----- Dataset records

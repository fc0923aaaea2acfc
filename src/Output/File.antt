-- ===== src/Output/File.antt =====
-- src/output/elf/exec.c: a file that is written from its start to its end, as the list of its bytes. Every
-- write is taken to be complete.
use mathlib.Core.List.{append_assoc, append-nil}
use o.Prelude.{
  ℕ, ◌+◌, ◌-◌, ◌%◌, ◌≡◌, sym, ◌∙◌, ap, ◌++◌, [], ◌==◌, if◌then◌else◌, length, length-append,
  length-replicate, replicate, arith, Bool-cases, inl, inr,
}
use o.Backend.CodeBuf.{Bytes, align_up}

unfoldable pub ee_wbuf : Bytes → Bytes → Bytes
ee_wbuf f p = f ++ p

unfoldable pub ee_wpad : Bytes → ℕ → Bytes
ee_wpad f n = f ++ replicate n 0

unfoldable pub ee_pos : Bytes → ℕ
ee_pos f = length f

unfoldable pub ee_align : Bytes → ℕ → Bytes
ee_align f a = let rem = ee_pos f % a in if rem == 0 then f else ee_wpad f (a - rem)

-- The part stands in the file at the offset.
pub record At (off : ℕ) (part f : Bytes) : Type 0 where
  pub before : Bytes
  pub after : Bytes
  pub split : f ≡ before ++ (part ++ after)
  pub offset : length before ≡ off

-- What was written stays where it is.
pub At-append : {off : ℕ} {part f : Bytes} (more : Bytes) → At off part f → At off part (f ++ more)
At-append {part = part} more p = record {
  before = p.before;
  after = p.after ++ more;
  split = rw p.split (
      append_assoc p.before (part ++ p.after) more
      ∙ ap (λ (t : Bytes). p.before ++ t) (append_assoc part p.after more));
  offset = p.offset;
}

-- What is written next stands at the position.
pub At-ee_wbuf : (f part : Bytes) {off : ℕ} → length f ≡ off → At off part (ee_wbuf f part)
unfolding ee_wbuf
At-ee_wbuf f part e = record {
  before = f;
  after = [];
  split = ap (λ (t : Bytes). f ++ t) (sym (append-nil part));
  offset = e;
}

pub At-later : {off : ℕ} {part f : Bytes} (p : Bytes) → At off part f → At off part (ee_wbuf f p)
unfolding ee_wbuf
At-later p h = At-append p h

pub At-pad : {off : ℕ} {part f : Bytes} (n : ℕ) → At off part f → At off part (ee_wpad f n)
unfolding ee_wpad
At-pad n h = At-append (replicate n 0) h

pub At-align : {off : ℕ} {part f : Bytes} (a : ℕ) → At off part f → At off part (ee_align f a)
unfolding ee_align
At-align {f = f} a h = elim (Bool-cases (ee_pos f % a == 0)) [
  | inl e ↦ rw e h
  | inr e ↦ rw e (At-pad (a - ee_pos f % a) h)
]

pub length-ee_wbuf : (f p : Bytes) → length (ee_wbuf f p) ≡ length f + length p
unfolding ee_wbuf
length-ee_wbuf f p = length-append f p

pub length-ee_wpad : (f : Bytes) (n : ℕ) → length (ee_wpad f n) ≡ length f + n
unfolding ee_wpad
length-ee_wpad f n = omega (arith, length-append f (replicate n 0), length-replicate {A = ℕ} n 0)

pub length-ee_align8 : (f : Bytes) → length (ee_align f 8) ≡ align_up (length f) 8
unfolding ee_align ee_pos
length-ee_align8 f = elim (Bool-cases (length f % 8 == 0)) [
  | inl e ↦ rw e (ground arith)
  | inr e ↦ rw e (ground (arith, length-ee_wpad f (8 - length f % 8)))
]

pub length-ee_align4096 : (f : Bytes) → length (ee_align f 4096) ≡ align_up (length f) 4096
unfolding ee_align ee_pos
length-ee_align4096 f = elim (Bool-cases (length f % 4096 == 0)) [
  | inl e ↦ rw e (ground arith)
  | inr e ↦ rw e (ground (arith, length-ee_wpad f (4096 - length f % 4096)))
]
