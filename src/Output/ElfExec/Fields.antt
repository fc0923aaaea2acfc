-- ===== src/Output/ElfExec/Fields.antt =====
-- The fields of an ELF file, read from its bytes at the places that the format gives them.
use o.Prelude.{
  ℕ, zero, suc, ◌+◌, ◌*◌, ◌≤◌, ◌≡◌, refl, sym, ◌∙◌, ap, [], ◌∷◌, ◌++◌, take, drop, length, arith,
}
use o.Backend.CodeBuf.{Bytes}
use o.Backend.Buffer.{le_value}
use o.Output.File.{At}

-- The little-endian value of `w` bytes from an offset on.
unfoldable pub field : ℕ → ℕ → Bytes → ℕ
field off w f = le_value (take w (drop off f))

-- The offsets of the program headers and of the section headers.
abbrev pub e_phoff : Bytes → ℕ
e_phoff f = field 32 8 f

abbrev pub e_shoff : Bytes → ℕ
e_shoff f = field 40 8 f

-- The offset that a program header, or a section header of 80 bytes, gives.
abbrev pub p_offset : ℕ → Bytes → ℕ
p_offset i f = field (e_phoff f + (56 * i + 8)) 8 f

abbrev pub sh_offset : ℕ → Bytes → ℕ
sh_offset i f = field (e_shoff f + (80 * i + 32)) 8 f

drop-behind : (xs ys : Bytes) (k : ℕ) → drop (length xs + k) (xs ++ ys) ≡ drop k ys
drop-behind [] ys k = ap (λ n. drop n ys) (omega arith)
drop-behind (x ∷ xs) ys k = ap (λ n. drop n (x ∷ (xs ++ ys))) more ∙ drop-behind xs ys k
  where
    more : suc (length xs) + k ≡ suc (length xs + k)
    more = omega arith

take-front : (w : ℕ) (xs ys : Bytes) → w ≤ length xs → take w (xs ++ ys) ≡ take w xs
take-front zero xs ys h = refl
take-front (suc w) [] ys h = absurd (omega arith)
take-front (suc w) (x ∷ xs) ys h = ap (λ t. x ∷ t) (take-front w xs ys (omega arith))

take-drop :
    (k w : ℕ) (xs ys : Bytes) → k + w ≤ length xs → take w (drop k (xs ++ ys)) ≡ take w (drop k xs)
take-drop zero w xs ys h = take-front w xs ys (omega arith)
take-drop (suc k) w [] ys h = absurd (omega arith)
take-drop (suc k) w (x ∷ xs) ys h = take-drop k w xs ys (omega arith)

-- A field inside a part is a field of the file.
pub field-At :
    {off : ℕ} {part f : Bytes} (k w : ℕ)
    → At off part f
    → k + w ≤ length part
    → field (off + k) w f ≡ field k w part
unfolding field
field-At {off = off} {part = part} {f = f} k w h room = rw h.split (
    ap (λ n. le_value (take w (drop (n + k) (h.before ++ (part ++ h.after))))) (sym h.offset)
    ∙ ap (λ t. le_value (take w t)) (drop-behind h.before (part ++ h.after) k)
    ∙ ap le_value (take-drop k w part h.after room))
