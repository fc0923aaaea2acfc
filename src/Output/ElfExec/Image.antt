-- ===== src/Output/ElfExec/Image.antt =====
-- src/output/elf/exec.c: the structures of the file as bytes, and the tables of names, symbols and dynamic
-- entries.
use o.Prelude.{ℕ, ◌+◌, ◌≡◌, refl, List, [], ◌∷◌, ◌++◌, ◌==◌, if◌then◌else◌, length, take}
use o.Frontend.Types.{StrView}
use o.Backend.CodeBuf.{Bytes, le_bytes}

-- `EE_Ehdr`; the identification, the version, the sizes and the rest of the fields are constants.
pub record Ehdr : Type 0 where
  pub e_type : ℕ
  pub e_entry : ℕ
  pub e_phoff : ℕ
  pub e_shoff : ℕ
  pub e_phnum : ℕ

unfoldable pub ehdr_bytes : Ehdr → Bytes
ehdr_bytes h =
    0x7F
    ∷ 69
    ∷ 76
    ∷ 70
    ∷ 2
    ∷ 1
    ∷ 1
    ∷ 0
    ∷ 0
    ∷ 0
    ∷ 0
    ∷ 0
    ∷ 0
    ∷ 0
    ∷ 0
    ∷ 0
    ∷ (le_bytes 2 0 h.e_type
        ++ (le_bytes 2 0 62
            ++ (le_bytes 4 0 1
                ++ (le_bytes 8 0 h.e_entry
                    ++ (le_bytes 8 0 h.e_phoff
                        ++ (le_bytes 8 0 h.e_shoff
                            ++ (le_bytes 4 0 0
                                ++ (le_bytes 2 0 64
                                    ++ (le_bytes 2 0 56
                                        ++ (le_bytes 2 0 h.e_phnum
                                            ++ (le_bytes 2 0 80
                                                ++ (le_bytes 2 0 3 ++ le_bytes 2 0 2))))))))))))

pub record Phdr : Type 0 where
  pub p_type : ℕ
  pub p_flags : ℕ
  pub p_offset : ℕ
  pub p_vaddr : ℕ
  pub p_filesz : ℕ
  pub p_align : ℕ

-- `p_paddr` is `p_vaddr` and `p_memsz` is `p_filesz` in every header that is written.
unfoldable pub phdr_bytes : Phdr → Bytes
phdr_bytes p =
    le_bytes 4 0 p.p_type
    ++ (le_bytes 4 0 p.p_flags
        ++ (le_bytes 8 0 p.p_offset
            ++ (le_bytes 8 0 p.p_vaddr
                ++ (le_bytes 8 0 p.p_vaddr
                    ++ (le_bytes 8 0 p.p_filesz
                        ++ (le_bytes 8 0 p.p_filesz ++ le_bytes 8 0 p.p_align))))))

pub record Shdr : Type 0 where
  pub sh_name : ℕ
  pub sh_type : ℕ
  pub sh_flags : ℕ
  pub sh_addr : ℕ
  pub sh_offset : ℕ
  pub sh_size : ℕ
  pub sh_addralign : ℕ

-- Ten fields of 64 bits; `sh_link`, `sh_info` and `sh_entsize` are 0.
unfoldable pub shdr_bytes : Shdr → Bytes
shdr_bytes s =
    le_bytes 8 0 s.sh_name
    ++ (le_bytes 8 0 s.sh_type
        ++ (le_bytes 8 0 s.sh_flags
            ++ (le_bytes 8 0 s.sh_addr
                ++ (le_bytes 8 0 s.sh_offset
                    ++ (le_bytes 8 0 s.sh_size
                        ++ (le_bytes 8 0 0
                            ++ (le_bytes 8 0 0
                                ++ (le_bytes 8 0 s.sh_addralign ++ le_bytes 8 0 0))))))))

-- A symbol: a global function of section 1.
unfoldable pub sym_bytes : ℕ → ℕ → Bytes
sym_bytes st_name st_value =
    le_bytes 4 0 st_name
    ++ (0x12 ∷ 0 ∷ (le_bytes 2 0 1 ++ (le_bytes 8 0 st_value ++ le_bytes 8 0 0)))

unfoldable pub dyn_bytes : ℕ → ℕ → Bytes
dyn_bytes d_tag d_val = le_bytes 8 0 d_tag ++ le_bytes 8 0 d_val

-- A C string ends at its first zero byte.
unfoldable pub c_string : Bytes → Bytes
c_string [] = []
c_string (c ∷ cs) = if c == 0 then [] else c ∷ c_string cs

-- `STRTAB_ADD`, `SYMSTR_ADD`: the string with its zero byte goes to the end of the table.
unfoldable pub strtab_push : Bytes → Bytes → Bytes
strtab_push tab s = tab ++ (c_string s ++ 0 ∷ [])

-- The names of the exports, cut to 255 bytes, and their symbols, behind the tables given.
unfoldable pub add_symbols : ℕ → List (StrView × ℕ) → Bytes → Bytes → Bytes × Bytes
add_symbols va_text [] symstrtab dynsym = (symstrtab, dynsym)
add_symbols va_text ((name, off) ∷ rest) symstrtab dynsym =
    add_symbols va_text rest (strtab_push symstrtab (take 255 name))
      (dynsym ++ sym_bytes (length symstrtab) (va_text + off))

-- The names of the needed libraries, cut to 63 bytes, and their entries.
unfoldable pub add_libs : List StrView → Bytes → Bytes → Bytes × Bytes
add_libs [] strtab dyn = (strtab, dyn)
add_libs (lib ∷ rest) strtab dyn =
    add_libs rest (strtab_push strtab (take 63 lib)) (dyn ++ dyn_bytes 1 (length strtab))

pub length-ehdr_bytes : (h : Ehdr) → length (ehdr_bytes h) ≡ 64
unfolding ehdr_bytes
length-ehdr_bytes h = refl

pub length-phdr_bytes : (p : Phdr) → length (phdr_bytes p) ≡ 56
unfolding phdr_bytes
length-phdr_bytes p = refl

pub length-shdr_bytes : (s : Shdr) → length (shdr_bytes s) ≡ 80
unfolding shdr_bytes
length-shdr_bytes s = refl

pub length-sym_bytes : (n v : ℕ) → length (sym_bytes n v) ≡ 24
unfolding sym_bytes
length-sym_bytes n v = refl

----------

**What the exercise asks**
Where in the entries does the word "later" occur? Copy out each line that has it.

**Answer space**
pub At-later : {off : ℕ} {part f : Bytes} (p : Bytes) → At off part f → At off part (ee_wbuf f p)
At-later p h = At-append p h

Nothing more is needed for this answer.